Khan, The Wazir-e-Azam!
There was an atmosphere of mistrust, doubt and suspicion. It was not clear to the Indians what would happen, if Imran Khan became the Prime Minister (or Wazir-e-Azam) of Pakistan. The cricketer-turned-politician, himself, created the atmosphere ahead of the July 25 General Election. In each and every election rally, he had targeted India over the ‘Kashmir’ issue. Khan’s verbal attack on the neighbouring country had prompted the political establishments in New Delhi to closely monitor the election in Pakistan.
(Fortunately), Khan changed his tune immediately after the declaration of results. Delivering the victory speech on Thursday evening, the PM-in-waiting of Pakistan made clear that his government would try to improve ties with India. He said that Islamabad would not only make a serious effort to resolve the ‘Kashmir’ issue, but also boost trade ties with New Delhi, apart from ensuring regional peace. Indeed, he has sent a positive message to India before taking oath as the 19th PM of Pakistan.
At the same time, Khan mentioned in his speech that the Indian Armed Forces are violating human rights in Kashmir, saying that Islamabad would never accept violation of human rights in the Valley. Although India denied the allegation, the top political leadership in New Delhi is ready to accept his invitation to resolve the Kashmir issue through peaceful negotiation.
However, the seasoned Indian diplomats believe that the equation is not so simple. They are still worried about Khan’s proximity to the most powerful Pak Army. It’s an open secret that Khan’s Pakistan Tehreek-i-Insaaf (PTI) has won the election with the help of Army. As the party fell short of 137 seats needed for majority, Khan is likely to stitch a coalition with conservative, Islamist, religious and far-right parties, like Muttahida Majlis-e-Amal, which maintain cordial ties with the Armed Forces. In that case, the Army will hold the key to future of the PTI-led government. While the PTI managed to win 116 seats (out of the contested 270 parliamentary constituencies) in the 272-member National Assembly, the outgoing Pakistan Muslim League-Nawaz (PML-N) managed to bag 64 seats and the Pakistan Peoples Party (PPP) placed third with 43 seats.
PTI supporters celebrating victory
It is to be noted that former Prime Minister Nawaz Sharif had appointed General Qamar Javed Bajwa as the Chief of Army Staff in November 2016 after the retirement of General Raheel Sharif.
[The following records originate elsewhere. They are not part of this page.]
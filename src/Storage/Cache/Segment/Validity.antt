-- ===== src/Storage/Cache/Segment/Validity.antt =====
-- The map and the queue of a `SegmentCache` always hold the same paths, each once, and never more
-- of them than the capacity.
use toradb.Prelude.{
  Eq, ℕ, ◌≤◌, ◌<◌, ◌≡◌, refl, inl, inr, List, [], ◌∷◌, arith, false, Bool-cases, length,
}
use toradb.Collections.Keys.{count}
use toradb.Collections.Dict.{
  Dict, contains_key, remove, keys, count-keys-remove, length-remove, contains_key-false,
  contains_key-eq_of_count, length-insert,
}
use toradb.Storage.Cache.Agree.{Agree, Agree-remove, Agree-pop, Agree-push, Agree-touch, Agree-put}
use toradb.Storage.Cache.Segment.{SegmentCache, new, get, evict, insert, invalidate}

module _ {K V : Type 0} ⦃e : Eq K⦄ where
  pub record IsValid (c : SegmentCache K V) : Type 0 where
    pub agree : Agree c.order c.map
    pub bounded : length c.map ≤ c.capacity
    pub positive : 0 < c.capacity

  -- After the eviction loop the two sides agree, and there is room for one more entry.
  pub evict-Agree :
      (cap : ℕ) (order : List K) (m : Dict K V)
      → 0 < cap
      → Agree order m
      → Agree (evict cap order m).0 (evict cap order m).1 × (length (evict cap order m).1 < cap)
  unfolding evict
  evict-Agree cap [] m pos h = (h, omega (arith, h.sizes))
  evict-Agree cap (old ∷ order) m pos h =
      ground (arith, h.sizes, Agree-pop old order m h, evict-Agree cap order (remove old m) pos)

  -- The loop removes entries and adds none.
  pub count-evict-le :
      (k : K) (cap : ℕ) (order : List K) (m : Dict K V)
      → count k (keys (evict cap order m).1) ≤ count k (keys m)
  unfolding evict
  count-evict-le k cap [] m = omega arith
  count-evict-le k cap (old ∷ order) m =
      ground (arith, count-evict-le k cap order (remove old m), count-keys-remove old k m)

  pub evict-absent :
      (k : K) (cap : ℕ) (order : List K) (m : Dict K V)
      → contains_key k m ≡ false
      → contains_key k (evict cap order m).1 ≡ false
  evict-absent k cap order m h =
      contains_key-eq_of_count k (evict cap order m).1
        (omega (arith, count-evict-le k cap order m, contains_key-false k m h))

  pub IsValid-new : (n : ℕ) → IsValid (new {V = V} n)
  unfolding new count keys
  IsValid-new n = record {
    agree = record { same = λ k. refl; once = λ k. omega arith; sizes = refl };
    bounded = omega arith;
    positive = omega arith;
  }

  pub get-IsValid : (k : K) (c : SegmentCache K V) → IsValid c → IsValid (get k c).0
  unfolding get
  get-IsValid k c h = elim (Bool-cases (contains_key k c.map)) [
    | inl present ↦ rw present (record {
      agree = Agree-touch k c.order c.map present h.agree;
      bounded = h.bounded;
      positive = h.positive;
    })
    | inr absent ↦
        rw absent (record { agree = h.agree; bounded = h.bounded; positive = h.positive })
  ]

  pub insert-IsValid : (k : K) (v : V) (c : SegmentCache K V) → IsValid c → IsValid (insert k v c)
  unfolding insert
  insert-IsValid k v c h = elim (Bool-cases (contains_key k c.map)) [
    | inl present ↦ rw present (record {
      agree = Agree-put k v _ c.map present (Agree-touch k c.order c.map present h.agree);
      bounded = rw (length-insert, present) h.bounded;
      positive = h.positive;
    })
    | inr absent ↦
        let room = evict-Agree c.capacity c.order c.map h.positive h.agree in
        let gone = evict-absent k c.capacity c.order c.map absent in
        rw absent (record {
          agree = Agree-push k v _ _ gone room.0;
          bounded = rw (length-insert, gone) room.1;
          positive = h.positive;
        })
  ]

  pub invalidate-IsValid : (k : K) (c : SegmentCache K V) → IsValid c → IsValid (invalidate k c)
  unfolding invalidate
  invalidate-IsValid k c h = elim (Bool-cases (contains_key k c.map)) [
    | inl present ↦ rw present (record {
      agree = Agree-remove k c.order c.map h.agree;
      bounded = omega (arith, h.bounded, length-remove k c.map);
      positive = h.positive;
    })
    | inr absent ↦ rw absent h
  ]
Bajwa was one of the five senior-most generals who had a vast experience in leading the Armed Forces along the Line of Control and also in Pakistan-Occupied-Kashmir. Interestingly, he was part of the UN peacekeeping mission (in 2007) in the Democratic Republic of Congo, where he worked with the man who would become India’s Army Chief General (Retired) Bikram Singh. Later, the former chief of the Indian Army described General Bajwa as an “outstanding and professional solider”.
Genral Bajwa with his wife, Ayesha Amjad
Genral Bajwa’s sons, Ali and Saad, recently informed the press that their father has a keen interest in India and its history. “He reads extensively about India. In fact, we gifted him a book each. One was on India, because we knew he would enjoy reading it,” stressed Ali, a petroleum engineer. He revealed that General Bajwa’s library consists almost entirely of books on history, diplomacy and politics. Diplomats are of the opinion that the Chief of Army Staff – also a big fan of ‘cricketer’ Imran Khan – will certainly influence the PTI-led government’s ‘India policy’ in the coming years.
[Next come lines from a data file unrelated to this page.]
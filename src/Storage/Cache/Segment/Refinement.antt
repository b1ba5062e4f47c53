-- ===== src/Storage/Cache/Segment/Refinement.antt =====
-- Every operation of a valid `SegmentCache` is the operation of the least-recently-used list.
use toradb.Prelude.{
  Eq, ℕ, ◌≤◌, ◌<◌, ◌≡◌, refl, inl, inr, List, [], ◌∷◌, arith, true, none, some, Option-cases,
  Bool-cases, length, if◌then◌else◌, leb, ◌∙◌, sym,
}
use toradb.Collections.Keys.{count, without, beq_refl, count-without}
use toradb.Collections.Dict.{
  Dict, lookup, contains_key, remove, keys, contains_key-lookup, contains_key-eq,
  contains_key-false, contains_key-eq_of_pos, length-remove,
}
use toradb.Storage.Cache.Lru.{entries, refresh, store, drop_oldest}
use toradb.Storage.Cache.Lru.Entries.{
  entries-append, entries-without, entries-remove, remove-entries_absent, lookup-entries,
  lookup-entries-none, length-entries, entries_single, entries_push, refresh_found, refresh_missing,
}
use toradb.Storage.Cache.Segment.{SegmentCache, get, evict, insert, invalidate}
use toradb.Storage.Cache.Segment.Validity.{IsValid}
use toradb.Storage.Cache.Agree.{Agree}

module _ {K V : Type 0} ⦃e : Eq K⦄ where
  -- What a cache holds, oldest first.
  abbrev pub view : SegmentCache K V → Dict K V
  view c = entries c.order c.map

  pub lookup-view : (k : K) (c : SegmentCache K V) → IsValid c → lookup k (view c) ≡ lookup k c.map
  lookup-view k c h = elim (Bool-cases (contains_key k c.map)) [
    | inl present ↦
        lookup-entries k c.order c.map
          (omega (arith, h.agree.same k, contains_key-eq k c.map present))
    | inr absent ↦
        let e : lookup k c.map ≡ none = ground (arith, contains_key-lookup k c.map) in
        rw e (lookup-entries-none k c.order c.map e)
  ]

  pub length-view : (c : SegmentCache K V) → IsValid c → length (view c) ≡ length c.map
  length-view c h =
      length-entries c.order c.map
        (λ k p. contains_key-eq_of_pos k c.map (omega (arith, h.agree.same k)))
      ∙ h.agree.sizes

  -- A loop that starts below the capacity does nothing.
  pub evict-eq_of_lt :
      (cap : ℕ) (order : List K) (m : Dict K V) → length m < cap → evict cap order m ≡ (order, m)
  unfolding evict
  evict-eq_of_lt cap [] m h = refl
  evict-eq_of_lt cap (x ∷ xs) m h = ground arith

  count-evict_order-le :
      (k : K) (cap : ℕ) (order : List K) (m : Dict K V)
      → count k (evict cap order m).0 ≤ count k order
  unfolding evict count
  count-evict_order-le k cap [] m = omega arith
  count-evict_order-le k cap (x ∷ xs) m = ground (arith, count-evict_order-le k cap xs (remove x m))

  -- A full cache gives up exactly the entry at the front.
  evict_full :
      (cap : ℕ) (order : List K) (m : Dict K V)
      → Agree order m
      → length m ≤ cap
      → 0 < cap
      → entries (evict cap order m).0 (evict cap order m).1
        ≡ (if leb cap (length m) then drop_oldest (entries order m) else entries order m)
  unfolding evict drop_oldest entries count
  evict_full cap [] m h fits pos = ground (arith, h.sizes)
  evict_full cap (x ∷ xs) m h fits pos = elim (Bool-cases (leb cap (length m))) [
    | inr room ↦ rw room
    | inl full ↦
        let one : count x (keys m) ≡ 1 = ground (arith, h.same x, h.once x, beq_refl x) in
        let gone : count x xs ≡ 0 = ground (arith, h.once x, beq_refl x) in
        let there : contains_key x m ≡ true = contains_key-eq_of_pos x m (omega (arith, one)) in
        let left : evict cap xs (remove x m) ≡ (xs, remove x m) =
          evict-eq_of_lt cap xs (remove x m) (omega (arith, length-remove x m, one)) in
        rw (full, left)
          (rw entries-remove (
            rw (remove-entries_absent x xs m gone)
              (ground (arith, contains_key-lookup x m, there))))
  ]

  contains_key-view :
      (k : K) (c : SegmentCache K V) → IsValid c → contains_key k (view c) ≡ contains_key k c.map
  contains_key-view k c h =
      ground (arith, contains_key-lookup k (view c), contains_key-lookup k c.map, lookup-view k c h)

  -- On a valid segment cache `get` answers what the least-recently-used list holds under the path,
  -- and moves a hit to the back.
  pub get_refines :
      (k : K) (c : SegmentCache K V)
      → IsValid c
      → ((get k c).1 ≡ lookup k (view c)) × (view (get k c).0 ≡ refresh k (view c))
  unfolding get
  get_refines k c h = elim (Bool-cases (contains_key k c.map)) [
    | inl present ↦ elim (Option-cases (lookup k c.map)) [
      | inl missing ↦ cc (contains_key-lookup k c.map, missing, present)
      | inr (v, found) ↦
          let seen : lookup k (view c) ≡ some v = lookup-view k c h ∙ found in
          rw (refresh_found k v (view c) seen, present)
            (
              sym (lookup-view k c h),
              cc (
                entries-append (without k c.order) (k ∷ []) c.map,
                entries-without k c.order c.map,
                entries_single k v c.map found,
              ),
            )
    ]
    | inr absent ↦
        let missing : lookup k c.map ≡ none = ground (arith, contains_key-lookup k c.map) in
        let unseen : lookup k (view c) ≡ none = lookup-view k c h ∙ missing in
        rw (refresh_missing k (view c) unseen, absent) (sym unseen, refl)
  ]

  -- On a valid segment cache `insert` is the insert of the least-recently-used list: it replaces
  -- an entry and moves it to the back, or puts a new one there, and the oldest entry goes when the
  -- cache is full.
  pub insert_refines :
      (k : K) (v : V) (c : SegmentCache K V)
      → IsValid c
      → view (insert k v c) ≡ store c.capacity k v (view c)
  unfolding insert store
  insert_refines k v c h = elim (Bool-cases (contains_key k c.map)) [
    | inl present ↦
        let gone : count k (without k c.order) ≡ 0 =
          ground (arith, count-without k k c.order, beq_refl k) in
        rw (contains_key-view k c h, present)
          (rw (entries_push k v (without k c.order) c.map (omega (arith, gone)))
            (rw entries-without))
    | inr absent ↦
        rw (contains_key-view k c h, absent, length-view c h)
          (entries_push k v _ _ (
              omega (
                arith,
                count-evict_order-le k c.capacity c.order c.map,
                h.agree.same k,
                contains_key-false k c.map absent,
              ))
            ∙ rw (evict_full c.capacity c.order c.map h.agree h.bounded h.positive))
  ]

  pub invalidate_refines :
      (k : K) (c : SegmentCache K V) → IsValid c → view (invalidate k c) ≡ remove k (view c)
  unfolding invalidate
  invalidate_refines k c h = elim (Bool-cases (contains_key k c.map)) [
    | inl present ↦
        let gone : count k (without k c.order) ≡ 0 =
          ground (arith, count-without k k c.order, beq_refl k) in
        rw (present, entries-remove)
          (rw (remove-entries_absent k (without k c.order) c.map gone)
            (entries-without k c.order c.map))
    | inr absent ↦ rw absent (
        sym (
          remove-entries_absent k c.order c.map
            (omega (arith, h.agree.same k, contains_key-false k c.map absent))))
  ]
In the past, the Army and the Inter-Services Intelligence (ISI – the premier intelligence agency of Pakistan) had tried to influence the foreign policy of governments either led by Sharif’s PML-N or the PPP. Later, the Pak military leaders realised that it would be difficult to ‘control’ these two parties. Then, they highlighted Khan as a ‘true leader’ of Pakistan and helped his PTI win the General Election. It is quite obvious that the Armed Forces will try to use the next PM as a ‘puppet’. So far, not a single Pakistani PM has completed five years in office and the Army has called the shots. It’s difficult to predict what will happen to Khan.
It is better for India to approach Khan’s rise to power with tact and diplomacy. Only time can tell what would be his (and the Pak Army’s) attitude towards India. Congratulations and good luck to the cricketing hero, IMRAN KHAN!